Я, как див, кого угодно сам в обман введу.
Сотни хитростей, хитрее, тоньше, чем твоя,
Над хитрейшими когда-то сам проделал я.
Мне такие самоцветы не накладно взять,
Коих ты не сможешь позже у меня отнять!»
«Молви, что за самоцветы? — Хейр его спросил.—
Чтоб я за воду скорее их тебе вручил!»
«Это пара самоцветов зренья твоего! —
Шерр сказал. — И нет ценнее в мире ничего.
Дай глаза мне и водою жар свой охлади.
Если ж нет, — от сладкой влаги взгляды отведи
И не жди! Не дам ни капли!» Хейр сказал: «Земляк!
Неужель меня на муки и на вечный мрак
За глоток воды осудишь? Сладостна вода
Жаждущим! Зачем же очи вырывать тогда?
Ты счастливее не станешь, я же, свет очей
Потеряв, несчастным буду до скончанья дней.
О, продай за деньги воду! Всю казну мою,—
В том расписку дам, — тебе я здесь передаю
И такою сделкой счастлив буду весь свой век.
Дай воды, глаза оставь мне, добрый человек!»
Шерр ответил: «Эти басни слышал я не раз.
У тебя, видать, немалый выдуман запас.
Мне глаза нужны! Что толку мне в твоей казне?
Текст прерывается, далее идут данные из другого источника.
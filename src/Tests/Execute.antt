-- ===== src/Tests/Execute.antt =====
-- Runs of the tool execute_sql and of its parts.
use sql_ai_tools.Prelude.{
  ℕ, ◌≡◌, ◌⊎◌, refl, Bool, true, false, List, [], ◌∷◌, ◌++◌, map, length, take, none, some, Bytes,
  codes, ltb, if◌then◌else◌, arith,
}
use sql_ai_tools.Prelude.Int.{pos, negsuc}
use sql_ai_tools.Text.{bytes_eq, trim_space}
use sql_ai_tools.Mcp.{resolve_target_version}
use sql_ai_tools.Safety.Limit.{maybe_inject_limit_parsed}
use sql_ai_tools.Text.Laws.{bytes_eq_iff}
use sql_ai_tools.Safety.Mode.{read_only, safe_write}
use sql_ai_tools.Safety.Statement.{Statement, dml, select}
use sql_ai_tools.Safety.Allowlist.{ParseResult, check_parsed, classify}
use sql_ai_tools.Tls.{Urls, TlsParams, merge_tls_params}
use sql_ai_tools.Tls.Merged.{UrlLaws, Merged, merge_tls_params-Merged}
use sql_ai_tools.Execute.{
  access_read_only, access_default, dial, begin_tx, set_timeout, set_safe_updates, query,
  close_rows, commit, rollback, close_conn, Driver, Manager, scanned, scan, execute,
}
use sql_ai_tools.Execute.Scan.{scan-take}
use sql_ai_tools.Execute.Arguments.{
  Number, text, number, Arguments, resolve_tls_params, got, with_statement_timeout, milliseconds,
  scaled,
}
use sql_ai_tools.Execute.Timeout.{Sets, not_positive, given, timeout_set}
use sql_ai_tools.Execute.Tool.{Outside, execute_sql}
use sql_ai_tools.Execute.Admitted.{Lets, execute_sql-Lets}

-- The values of a query by their names.
abbrev Values : Type 0
Values = Bytes → Bytes

abbrev set_value : Values → Bytes → Bytes → Values
set_value q name val other = if bytes_eq name other then val else q other

-- Every address parses, with no values; it is shown as its sslmode.
abbrev urls : Urls Bytes Values
urls = record {
  parse = λ s. some s;
  query = λ u name. [];
  get = λ q name. q name;
  set = set_value;
  rebuild = λ u q. u ++ q (codes "sslmode");
}

urls-UrlLaws : UrlLaws urls
urls-UrlLaws = record {
  get-set = λ q name val. rw ((bytes_eq_iff name name).1 refl) refl;
  get-set-other = λ q name other val ne. other_name q name other val ne (bytes_eq name other) refl;
}
  where
    other_name :
        (q : Values) (name other val : Bytes)
        → (other ≡ name → ⊥)
        → (b : Bool) → bytes_eq name other ≡ b
        → (if b then val else q other) ≡ q other
    other_name q name other val ne true e =
        absurd (ne (ground (arith, (bytes_eq_iff name other).0 e)))
    other_name q name other val ne false e = refl

abbrev verify : TlsParams
verify = record { ssl_mode = codes "verify"; ssl_root_cert = []; ssl_cert = []; ssl_key = [] }

abbrev address : Bytes
address = codes "postgres://h/?sslmode="

merge_tls_params_example :
    Merged urls urls-UrlLaws address verify (merge_tls_params urls address verify)
merge_tls_params_example = merge_tls_params-Merged urls urls-UrlLaws address verify

abbrev three_rows : List ℕ
three_rows = 1 ∷ 2 ∷ 3 ∷ []

scan-take_example :
    (scan (pos 2) (map some three_rows) []
      ≡ scanned (take 2 three_rows) (ltb 2 (length three_rows)))
    × (scan (pos 0) (map some three_rows) [] ≡ scanned three_rows false)
    × (scan (negsuc 1) (map some three_rows) [] ≡ scanned three_rows false)
scan-take_example = scan-take 1 three_rows

-- A driver whose calls all succeed, with two rows for every query.
abbrev driver : Driver ℕ
driver = record {
  succeeds = λ calls c. true;
  answer = λ calls sql. record {
    fields = [];
    rows = some 7 ∷ some 8 ∷ [];
    tail_error = false;
    rows_affected = pos 2;
    tag = codes "SELECT 2";
  };
  type_for_oid = λ oid. none;
}

abbrev manager : Manager
manager = record { connected = false; timeout = 30000; calls = [] }

writes_run :
    (execute driver safe_write (codes "q") (pos 1) manager).0.calls
    ≡ dial
      ∷ begin_tx access_default
      ∷ set_timeout 30000
      ∷ set_safe_updates
      ∷ query (codes "q")
      ∷ close_rows
      ∷ commit
      ∷ rollback
      ∷ []
unfolding execute
writes_run = refl

abbrev millis : ℕ → Number
millis n = record { below_zero = false; above_zero = true; whole = pos n }

abbrev none_given : Number
none_given = record { below_zero = true; above_zero = false; whole = negsuc 4 }

timeout_set_example :
    Sets (some (number (millis 5000))) 5000 × Sets (some (number none_given)) 30000
timeout_set_example = (
  timeout_set (some (number (millis 5000))) 5000 (given (millis 5000) 4999 refl refl (omega arith)),
  timeout_set (some (number none_given)) 30000 (not_positive none_given refl),
)

-- The product with a million wraps around: a timeout of 584 years is set as none.
timeout_lost : milliseconds (with_statement_timeout (scaled (pos 18446744073710))) ≡ 0
unfolding with_statement_timeout
timeout_lost = refl

abbrev select_one : Statement
select_one = record {
  node = select none;
  tag = "SELECT";
  statement_type = dml;
  modifies_schema = false;
  writes_data = false;
}

-- Every text is the one SELECT, and it is printed as `capped`.
abbrev outside : Outside ℕ ℕ Bytes Values
outside = record {
  parse = λ sql. ParseResult.parsed (select_one ∷ []);
  as_string = λ s. codes "capped";
  urls = urls;
  driver = λ dsn. driver;
}

abbrev request : Arguments
request = record {
  sql = some (text (codes "select 1"));
  dsn = some (text address);
  target_version = none;
  statement_timeout = none;
  max_rows = none;
  ssl_mode = none;
  ssl_root_cert = none;
  ssl_cert = none;
  ssl_key = none;
  mode = got read_only;
}

tool_run :
    (execute_sql outside [] request).1
    ≡ dial
      ∷ begin_tx access_read_only
      ∷ set_timeout 30000
      ∷ query (codes "capped")
      ∷ close_rows
      ∷ commit
      ∷ rollback
      ∷ close_conn
      ∷ []
unfolding execute_sql check_parsed classify trim_space resolve_target_version resolve_tls_params
    merge_tls_params maybe_inject_limit_parsed
tool_run = refl

execute_sql_example :
    ((execute_sql outside [] request).1 ≡ [])
    ⊎ Lets outside request [] (execute_sql outside [] request).1
execute_sql_example = execute_sql-Lets outside request []
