-- ===== src/Tests/Explain.antt =====
-- The parsers of explain_parse.go and explain_ddl_parse.go on drawn plans.
use sql_ai_tools.Prelude.{true, false, ◌≡◌, refl, List, [], ◌∷◌, Bytes, codes, inr, arith}
use sql_ai_tools.Text.{is_space, trim_right, split, trim_suffix, trim_prefix}
use sql_ai_tools.Explain.{
  Attr, Forest, node, nil, cons, is_tree_glyph, put_attr, parsed, parse_explain_tree,
}
use sql_ai_tools.Explain.Drawn.{no_pairs, pair, no_nodes, filler, operator_line}
use sql_ai_tools.Shape.{DdlOperation, shape, parse_explain_ddl_shape}
use sql_ai_tools.Shape.Rendered.{DrawsOperations, no_targets, target, no_operations, operation}
use sql_ai_tools.Shape.RoundTrip.{plan_text, parse_explain_ddl_shape-text}
use sql_ai_tools.Explain.RoundTrip.{DrawsPlan, parse_explain_tree-draws}

abbrev header : List Attr
header = record { key = codes "vectorized"; value = codes "true" } ∷ []

abbrev table : List Attr
table = record { key = codes "table"; value = codes "t" } ∷ []

-- A render over a scan.
abbrev plan : Forest
plan = cons (node (codes "render") [] (cons (node (codes "scan") table nil) nil)) nil

-- `vectorized: true`, a separator, and the operators; the second one stands behind a connector.
abbrev rows : List Bytes
rows =
    codes "vectorized: true"
    ∷ (183 ∷ [])
    ∷ (8226 ∷ 32 ∷ codes "render")
    ∷ (9492 ∷ 9472 ∷ 9472 ∷ 32 ∷ 8226 ∷ 32 ∷ codes "scan")
    ∷ codes "      table: t"
    ∷ []

drawn : DrawsPlan header plan rows
unfolding is_tree_glyph is_space trim_right put_attr
drawn = (
  codes "vectorized: true" ∷ [],
  (183 ∷ [])
      ∷ (8226 ∷ 32 ∷ codes "render")
      ∷ (9492 ∷ 9472 ∷ 9472 ∷ 32 ∷ 8226 ∷ 32 ∷ codes "scan")
      ∷ codes "      table: t"
      ∷ [],
  0,
  pair 0 (codes "vectorized") (codes "true") (codes "vectorized: true") [] header [] tt
      (record {
        pre = [];
        first = 118;
        key = codes "ectorized";
        indents = (tt, refl);
        is_key = refl;
        no_glyph = refl;
        no_bullet = refl;
        no_colon =
            (refl, (refl, (refl, (refl, (refl, (refl, (refl, (refl, (refl, (refl, tt))))))))));
        key_trimmed = (refl, refl);
        value_trimmed = (refl, refl);
        drawn = refl;
      })
      (no_pairs header),
  filler 0 plan (183 ∷ []) _ (inr refl) (
      operator_line 0 4 (codes "render") _ [] _ nil [] _ [] ([], (tt, refl), (refl, refl), refl)
        (no_pairs []) (omega arith)
        (operator_line 4 8 (codes "scan") _ table nil nil (codes "      table: t" ∷ []) [] []
          (
            9492 ∷ 9472 ∷ 9472 ∷ 32 ∷ [],
            ((refl, (refl, (refl, (refl, tt)))), refl),
            (refl, refl),
            refl,
          )
          (pair 6 (codes "table") (codes "t") (codes "      table: t") [] table [] refl
            (record {
              pre = codes "      ";
              first = 116;
              key = codes "able";
              indents = ((refl, (refl, (refl, (refl, (refl, (refl, tt)))))), refl);
              is_key = refl;
              no_glyph = refl;
              no_bullet = refl;
              no_colon = (refl, (refl, (refl, (refl, (refl, tt)))));
              key_trimmed = (refl, refl);
              value_trimmed = (refl, refl);
              drawn = refl;
            })
            (no_pairs table))
          (omega arith) (no_nodes 8) (no_nodes 4))
        (no_nodes 0)),
  refl,
)

parse_explain_tree-draws_example : parse_explain_tree rows ≡ parsed header plan
parse_explain_tree-draws_example = parse_explain_tree-draws header plan rows drawn

plan_run : parse_explain_tree rows ≡ parsed header plan
unfolding parse_explain_tree
plan_run = refl

abbrev operations : List DdlOperation
operations =
    record { op = codes "backfill"; targets = codes "into t" ∷ codes "from t" ∷ [] }
    ∷ record { op = codes "execute 4"; targets = codes "on t" ∷ [] }
    ∷ []

-- The text of the rows, as EXPLAIN draws them.
abbrev shape_rows : List Bytes
shape_rows =
    (32 ∷ 9500 ∷ 9472 ∷ 9472 ∷ codes " backfill")
    ∷ (32 ∷ 9474 ∷ 32 ∷ 32 ∷ 32 ∷ 32 ∷ 9500 ∷ 9472 ∷ 9472 ∷ codes " into t")
    ∷ (32 ∷ 9474 ∷ 32 ∷ 32 ∷ 32 ∷ 32 ∷ 9492 ∷ 9472 ∷ 9472 ∷ codes " from t")
    ∷ (32 ∷ 9492 ∷ 9472 ∷ 9472 ∷ codes " execute 4")
    ∷ (32 ∷ 32 ∷ 32 ∷ 32 ∷ 32 ∷ 32 ∷ 9492 ∷ 9472 ∷ 9472 ∷ codes " on t")
    ∷ []

drawn_shape : DrawsOperations operations shape_rows
drawn_shape =
    operation false _ _ _ _ (target false false _ _ _ (target false true _ _ _ no_targets))
      (operation true _ _ _ _ (target true true _ _ _ no_targets) no_operations)

shape_run :
    parse_explain_ddl_shape (plan_text (codes "ALTER") shape_rows)
    ≡ shape (codes "ALTER") operations
unfolding parse_explain_ddl_shape split trim_suffix trim_prefix
shape_run = refl

parse_explain_ddl_shape-text_example :
    parse_explain_ddl_shape (plan_text (codes "ALTER") shape_rows)
    ≡ shape (codes "ALTER") operations
unfolding is_space trim_right
parse_explain_ddl_shape-text_example =
    parse_explain_ddl_shape-text (codes "ALTER") operations shape_rows
      (refl, (refl, (refl, (refl, (refl, tt))))) drawn_shape
      (
        (
          ((refl, refl), (refl, (refl, (refl, (refl, (refl, (refl, (refl, (refl, tt))))))))),
          (
            ((refl, refl), (refl, (refl, (refl, (refl, (refl, (refl, tt))))))),
            (((refl, refl), (refl, (refl, (refl, (refl, (refl, (refl, tt))))))), tt),
          ),
        ),
        (
          (
            (
              (refl, refl),
              (refl, (refl, (refl, (refl, (refl, (refl, (refl, (refl, (refl, tt))))))))),
            ),
            (((refl, refl), (refl, (refl, (refl, (refl, tt))))), tt),
          ),
          tt,
        ),
      )
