-- ===== src/Tests/Mcp.antt =====
-- Routing of tool calls.
use sql_ai_tools.Route.Args.{extract_target_version}
use sql_ai_tools.Text.Decimal.{parse_uint32, atoi}
use sql_ai_tools.Version.Target.{validate_target_version}
use sql_ai_tools.Prelude.{◌≡◌, refl, Bool, true, List, [], ◌∷◌, ◌++◌, none, some, Bytes, codes}
use sql_ai_tools.Prelude.Int.{pos}
use sql_ai_tools.Text.{bytes_eq, trim_space, split, trim_prefix, has_prefix, trim_suffix}
use sql_ai_tools.Route.Quarter.{Quarter, parse_from_target, parse_tag}
use sql_ai_tools.Route.Built.{Process, built}
use sql_ai_tools.Route.Discover.{Host, find_backend}
use sql_ai_tools.Route.Reexec.{maybe_reexec}
use sql_ai_tools.Pool.{Pool, checkout}
use sql_ai_tools.Pool.System.{start}
use sql_ai_tools.Mcp.{
  text, not_text, ToolError, must_be_string, Resolved, with_routing, route_target, server_quarter,
}
use sql_ai_tools.Mcp.Routing.{Resolves, Goes, with_routing-Goes, Agree, forwarded_like_reexec}

abbrev autumn : Quarter
autumn = record { year = pos 25; q = pos 4 }

abbrev winter : Quarter
winter = record { year = pos 26; q = pos 1 }

-- What a call can come to: an error, this server's answer, or a forwarded call.
data Answer : Type 0 where
  error : ToolError → Answer
  local : Answer
  forwarded : Quarter → Answer

asked :
    with_routing error local forwarded [] winter (some (text (codes " 25.4.1 "))) ≡ forwarded autumn
unfolding with_routing trim_space validate_target_version split trim_prefix has_prefix parse_uint32
    parse_from_target atoi
asked = refl

own : with_routing error local forwarded (codes "26.1") winter none ≡ local
unfolding with_routing parse_from_target split trim_prefix has_prefix trim_space atoi
own = refl

wrong_type : with_routing error local forwarded [] winter (some not_text) ≡ error must_be_string
unfolding with_routing
wrong_type = refl

with_routing-Goes_example :
    (r : Resolved) × (Resolves [] (some (text (codes "25.4"))) r
      × Goes error local forwarded winter r
          (with_routing error local forwarded [] winter (some (text (codes "25.4")))))
with_routing-Goes_example =
    with_routing-Goes error local forwarded [] winter (some (text (codes "25.4")))

abbrev host : Host
host = record {
  self_dir = some (codes "/b");
  self_path = some (codes "/b/crdb-sql-v261");
  path_list = [];
  read_dir = λ dir. some [];
  join = λ dir name. dir ++ b'/' ∷ name;
  abs = λ path. some path;
  base = λ path. path;
  exec_suffix = [];
  is_executable = λ path. bytes_eq path (codes "/b/crdb-sql-v254");
}

abbrev server : Process
server = record { executable_base = some (codes "crdb-sql-v261"); stamp = []; build_info = none }

abbrev args : List Bytes
args = codes "crdb-sql-v261" ∷ codes "--target-version" ∷ codes "25.4" ∷ []

abbrev fresh : Pool
fresh = (start (pos 300)).pool

abbrev starts : Bytes → Bool
starts path = true

forwarded_like_reexec_example :
    Agree starts autumn
      (find_backend host autumn)
      (maybe_reexec starts host server args).1
      0
      (checkout host 100 autumn fresh).1
unfolding extract_target_version bytes_eq route_target parse_from_target split trim_prefix
    has_prefix trim_space atoi server_quarter built trim_suffix parse_tag
forwarded_like_reexec_example =
    forwarded_like_reexec starts host server args (codes "25.4") autumn 100 fresh refl refl refl
      refl
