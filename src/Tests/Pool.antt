-- ===== src/Tests/Pool.antt =====
-- Runs of the pool of backends.
use sql_ai_tools.Text.Decimal.{itoa}
use sql_ai_tools.Prelude.{
  ℕ, zero, suc, ◌<◌, ◌≡◌, ◌≢◌, ◌↔◌, refl, Bool, true, false, List, [], ◌∷◌, ◌++◌, none, some, arith,
  codes, inl,
}
use sql_ai_tools.Text.{bytes_eq}
use sql_ai_tools.Prelude.Int.{ℤ, pos}
use sql_ai_tools.Route.Quarter.{Quarter, backend_name}
use sql_ai_tools.Route.Discover.{Host, find_backend}
use sql_ai_tools.Pool.{in_entry, taken, touch, close_from, shut_all}
use sql_ai_tools.Pool.System.{
  waiting, calling, closing, finished, answered, missing_backend, refused_closed, drained, dispatch,
  sweep, shut_down, Event, step, run, start, checking,
}
use sql_ai_tools.Pool.Safety.{last, mapped_iff_alive, calls_exclusive, closes_once}
use sql_ai_tools.Pool.Progress.{distance, step-distance}
use sql_ai_tools.Pool.Frees.{Environment, drive}
use sql_ai_tools.Pool.Liveness.{AtRest, rests}
use sql_ai_tools.Pool.Leak.{race, client_lost}

abbrev autumn : Quarter
autumn = record { year = pos 25; q = pos 4 }

abbrev winter : Quarter
winter = record { year = pos 26; q = pos 1 }

-- A machine with the one backend of 25.4.
abbrev host : Host
host = record {
  self_dir = some (codes "/b");
  self_path = some (codes "/b/crdb-sql");
  path_list = [];
  read_dir = λ dir. some [];
  join = λ dir name. dir ++ b'/' ∷ name;
  abs = λ path. some path;
  base = λ path. path;
  exec_suffix = [];
  is_executable = λ path. bytes_eq path (codes "/b/crdb-sql-v254");
}

-- Thread `i` goes next; a free one begins a dispatch to 25.4.
abbrev go : ℕ → Bool → Event
go i ok = record { thread = i; task = dispatch autumn; now = 100; host = host; succeeds = ok }

abbrev goes : ℕ → ℕ → List Event
goes i zero = []
goes i (suc n) = go i true ∷ goes i n

abbrev window : ℤ
window = pos 300

-- Two dispatches: the first is in its call, the second waits for the mutex.
abbrev contended : List Event
contended = goes 0 5 ++ goes 1 2

-- The janitor begins a sweep at time 500.
abbrev janitor : Event
janitor = record { thread = 9; task = sweep; now = 500; host = host; succeeds = true }

abbrev shutter : Event
shutter = record { thread = 8; task = shut_down; now = 500; host = host; succeeds = true }

contended_pcs :
    ((run contended (start window)).pc 0 ≡ calling autumn 0 0)
    × ((run contended (start window)).pc 1 ≡ waiting autumn 0 0)
unfolding run find_backend bytes_eq backend_name itoa
contended_pcs = (refl, refl)

-- The second dispatch uses the client of the first.
reused_run :
    let s = run (contended ++ goes 0 2 ++ goes 1 5) (start window) in
    (s.pc 1 ≡ finished answered) × (s.pool.clients ≡ 1)
unfolding run find_backend bytes_eq backend_name itoa touch
reused_run = (refl, refl)

-- A sweep closes the idle client, and a dispatch begun later starts another.
swept_run :
    let s = run (goes 0 7 ++ janitor ∷ janitor ∷ janitor ∷ janitor ∷ []) (start window) in
    (s.pc 9 ≡ finished drained) × (s.pool.entries autumn ≡ none)
unfolding run find_backend bytes_eq backend_name itoa touch
swept_run = (refl, refl)

closed_run :
    let s = run (goes 0 7 ++ shutter ∷ shutter ∷ shutter ∷ shutter ∷ goes 1 2) (start window) in
    (s.pc 8 ≡ finished drained) × (s.pc 1 ≡ finished refused_closed)
unfolding run close_from find_backend bytes_eq backend_name itoa touch shut_all
closed_run = (refl, refl)

missing_run :
    let ev = record (go 0 true) { task = dispatch winter } in
    (run (ev ∷ ev ∷ []) (start window)).pc 0 ≡ finished missing_backend
unfolding run find_backend bytes_eq backend_name itoa
missing_run = refl

mapped_iff_alive_example : ((last window contended).pool.entries autumn ≡ some 0) ↔ (
    (0 < (last window contended).pool.next)
    × (((last window contended).pool.heap 0).quarter ≡ autumn)
    × (((last window contended).pool.heap 0).dead ≡ false))
mapped_iff_alive_example = mapped_iff_alive window contended autumn 0

calls_exclusive_example : ((last window contended).pool.place 0 ≡ in_entry 0) × ◌≡◌ {A = ℕ} 0 0
unfolding run find_backend bytes_eq backend_name itoa
calls_exclusive_example =
    calls_exclusive window contended 0 0 autumn autumn 0 0 0 0 refl refl (inl refl)

-- The first call breaks and its thread evicts the entry.
abbrev broken : List Event
broken = contended ++ go 0 false ∷ go 0 true ∷ []

closes_once_example :
    ((last window broken).pool.place 0 ≡ taken 0)
    × ((e : ℕ) → ((last window broken).pool.heap e).client ≢ some 0)
    × ◌≡◌ {A = ℕ} 0 0
unfolding run find_backend bytes_eq backend_name itoa
closes_once_example = closes_once window broken 0 0 0 refl refl

step-distance_example :
    (distance ((step (go 0 true) (run contended (start window))).pc 0)
      < distance ((run contended (start window)).pc 0))
    × ((w : Quarter) → distance (checking w 0) ≡ 59)
unfolding run find_backend bytes_eq backend_name itoa
step-distance_example = step-distance window contended (go 0 true) (omega arith) tt

client_lost_example :
    let s = run contended (start window) in
    let t = run (race (go 0 true) 0 1) s in
    (t.pc 0 ≡ closing 0)
    × (t.pc 1 ≡ finished answered)
    × ((t.pool.heap 0).client ≡ some s.pool.clients)
    × (t.pool.place s.pool.clients ≡ in_entry 0)
    × ((t.pool.heap 0).dead ≡ true)
    × (t.pool.entries autumn ≢ some 0)
unfolding run find_backend bytes_eq backend_name itoa
client_lost_example =
    client_lost (go 0 true) 0 1 autumn 0 0 0 (run contended (start window)) (omega arith) refl refl
      refl

-- The environment of the runs above: each thread dispatches to 25.4, and each call succeeds.
abbrev dispatches : Environment
dispatches s = go 0 true

-- The second dispatch comes to rest, though the first one holds the mutex.
rests_example :
    (picks : List ℕ) × AtRest ((drive dispatches picks (run contended (start window))).pc 1)
rests_example = rests window contended dispatches 1
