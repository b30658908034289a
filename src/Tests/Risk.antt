-- ===== src/Tests/Risk.antt =====
-- internal/risk on a small script.
use sql_ai_tools.Risk.Schema.{
  check_serial, check_missing_key, check_offset, check_xa, check_savepoint,
}
use sql_ai_tools.Risk.Rules.{
  check_delete, check_update, check_drop_table, check_drop_database, check_drop_column,
  check_truncate,
}
use sql_ai_tools.Risk.Selects.{check_locking, check_star}
use sql_ai_tools.Text.{index}
use sql_ai_tools.Prelude.{
  ℕ, ◌≡◌, ◌↔◌, refl, inr, true, false, List, [], ◌∷◌, Option, none, some, Bytes, codes,
}
use sql_ai_tools.Position.{Position, count_newlines, column_of, last_index}
use sql_ai_tools.Risk.{
  critical, Finding, CheckInput, Rule, MultiCheckInput, MultiRule, Registry, run_rules,
  check_statements, new_registry, analyze_parsed, add_rule, add_multi_rule,
}
use sql_ai_tools.Risk.Tree.{
  Ast, delete, begin_transaction, commit_transaction, other_statement, StatementType, ddl, dml,
  other_type, Statement,
}
use sql_ai_tools.Risk.Txn.{brackets, explicit_txn_blocks, check_multiple_ddl, check_mixed}
use sql_ai_tools.Risk.Defaults.{default_rules, default_multi_rules}
use sql_ai_tools.Risk.Blocks.{spans, explicit_txn_blocks-spans}
use sql_ai_tools.Risk.Mixed.{places, somes, all_of, extra_changes, mixed_start, txn_findings}
use sql_ai_tools.Risk.Registered.{Distinct, push_codes}
use sql_ai_tools.Risk.Stamped.{FromRule, Gives, analyze_parsed-FromRule}
use sql_ai_tools.Risk.Located.{Chain, check_statements-Chain}
use sql_ai_tools.Risk.Critical.{Dangerous, any_critical, critical_iff}

abbrev script : Bytes
script = codes "BEGIN;\nDROP INDEX a;\nDELETE FROM t;\nDROP INDEX b;\nCOMMIT"

abbrev statement : Ast → Bytes → StatementType → Statement
statement ast sql type = record { ast = ast; sql = sql; statement_type = type; tag = [] }

abbrev parsed : List Statement
parsed =
    statement begin_transaction (codes "BEGIN") other_type
    ∷ statement other_statement (codes "DROP INDEX a") ddl
    ∷ statement (delete false false) (codes "DELETE FROM t") dml
    ∷ statement other_statement (codes "DROP INDEX b") ddl
    ∷ statement commit_transaction (codes "COMMIT") other_type
    ∷ []

abbrev defaults : Registry
defaults = record { rules = default_rules; multi_rules = default_multi_rules }

-- The default rules make a registry.
defaults_made : new_registry default_rules default_multi_rules ≡ inr defaults
unfolding new_registry add_rule add_multi_rule
defaults_made = refl

-- The reason codes, severities and offsets of findings.
abbrev summary : List Finding → List (Bytes × Option ℕ)
summary [] = []
summary (f ∷ fs) = (f.reason_code, offset f.position) ∷ summary fs
  where
    offset : Option Position → Option ℕ
    offset none = none
    offset (some p) = some p.byte_offset

abbrev summarised : Option (List Finding) → List (Bytes × Option ℕ)
summarised none = []
summarised (some fs) = summary fs

script_run :
    summarised (analyze_parsed defaults parsed script)
    ≡ (codes "DELETE_NO_WHERE", some 21)
      ∷ (codes "MULTIPLE_DDL_IN_TXN", some 36)
      ∷ (codes "DDL_AND_DML_IN_TXN", some 0)
      ∷ []
unfolding analyze_parsed check_delete check_update check_drop_table check_drop_database
    check_drop_column check_locking check_star check_truncate check_serial check_missing_key
    check_offset check_xa check_savepoint index check_multiple_ddl check_mixed count_newlines
    last_index column_of
script_run = refl

nested_run :
    explicit_txn_blocks (
      statement begin_transaction [] other_type
      ∷ statement begin_transaction [] other_type
      ∷ statement commit_transaction [] other_type
      ∷ [])
    ≡ record { first = 0; last = 3 } ∷ record { first = 1; last = 2 } ∷ []
unfolding explicit_txn_blocks
nested_run = refl

analyze_parsed-FromRule_example :
    Distinct (
      push_codes
        (λ (rule : MultiRule). rule.reason_code)
        default_multi_rules
        (push_codes (λ (rule : Rule). rule.reason_code) default_rules []))
    × Gives (FromRule defaults) (analyze_parsed defaults parsed script)
analyze_parsed-FromRule_example =
    analyze_parsed-FromRule default_rules default_multi_rules defaults defaults_made parsed script

explicit_txn_blocks-spans_example : explicit_txn_blocks parsed ≡ spans 5 0 (brackets parsed)
explicit_txn_blocks-spans_example = explicit_txn_blocks-spans parsed

abbrev positions : List Position
positions =
    record { line = 1; column = 1; byte_offset = 0 }
    ∷ record { line = 2; column = 1; byte_offset = 7 }
    ∷ record { line = 3; column = 1; byte_offset = 21 }
    ∷ record { line = 4; column = 1; byte_offset = 36 }
    ∷ record { line = 5; column = 1; byte_offset = 50 }
    ∷ []

abbrev input : MultiCheckInput
input = record { stmts = parsed; positions = positions }

txn_findings_example :
    let blocks = spans 5 0 (brackets parsed) in
    (places (check_multiple_ddl input) ≡ somes (all_of (extra_changes input) blocks))
    × (places (check_mixed input) ≡ somes (all_of (mixed_start input) blocks))
txn_findings_example = txn_findings input

check_statements-Chain_example : Chain script 0 parsed positions
unfolding check_statements index count_newlines column_of last_index
check_statements-Chain_example = check_statements-Chain [] script parsed [] positions refl

abbrev emptied : CheckInput
emptied = record {
  ast = delete false false;
  stmt_sql = [];
  position = record { line = 1; column = 1; byte_offset = 0 };
}

abbrev found : List Finding
found =
    record {
      reason_code = codes "DELETE_NO_WHERE";
      severity = critical;
      message = codes "DELETE without WHERE clause affects all rows";
      position = some emptied.position;
      fix_hint = codes "Add a WHERE clause to limit affected rows";
    }
    ∷ []

critical_iff_example : (any_critical found ≡ true) ↔ Dangerous (delete false false)
unfolding run_rules check_delete check_update check_drop_table check_drop_database check_drop_column
    check_locking check_star check_truncate check_serial check_missing_key check_offset check_xa
    check_savepoint
critical_iff_example = critical_iff emptied found refl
Для меня глаза живые выше по цене!»
Растерялся Хейр и понял, что он здесь умрет,
Что из огненной пустыни ног не унесет.
Он взглянул на мех с водою, сердца не сдержал
И, вздохнув, промолвил Шерру: «Встань, возьми кинжал,
Огнецветные зеницы сталью проколи!
И за них огонь мой влагой сладкой утоли!»
Молвив так, имел надежду Хейр в душе своей,
Что не выколет угрюмый Шерр его очей.
Но клинок в руке у Шерра мигом заблестел.
Он к измученному жаждой вихрем подлетел,
В светочи очей стальное жало он вонзил
И не сжалился — и светоч зренья погасил.
Сталью дал он двум нарциссам — розы цвет кровавый.
Словно вор выламывает лалы из оправы,—
Яблоки глазные ранил он своим клинком,
Но потом не поделился влагой со слепцом.
Платье, ценности, пожитки отнял у него
И безглазого беднягу бросил одного.
Понял Хейр, что вероломным Шерром брошен он.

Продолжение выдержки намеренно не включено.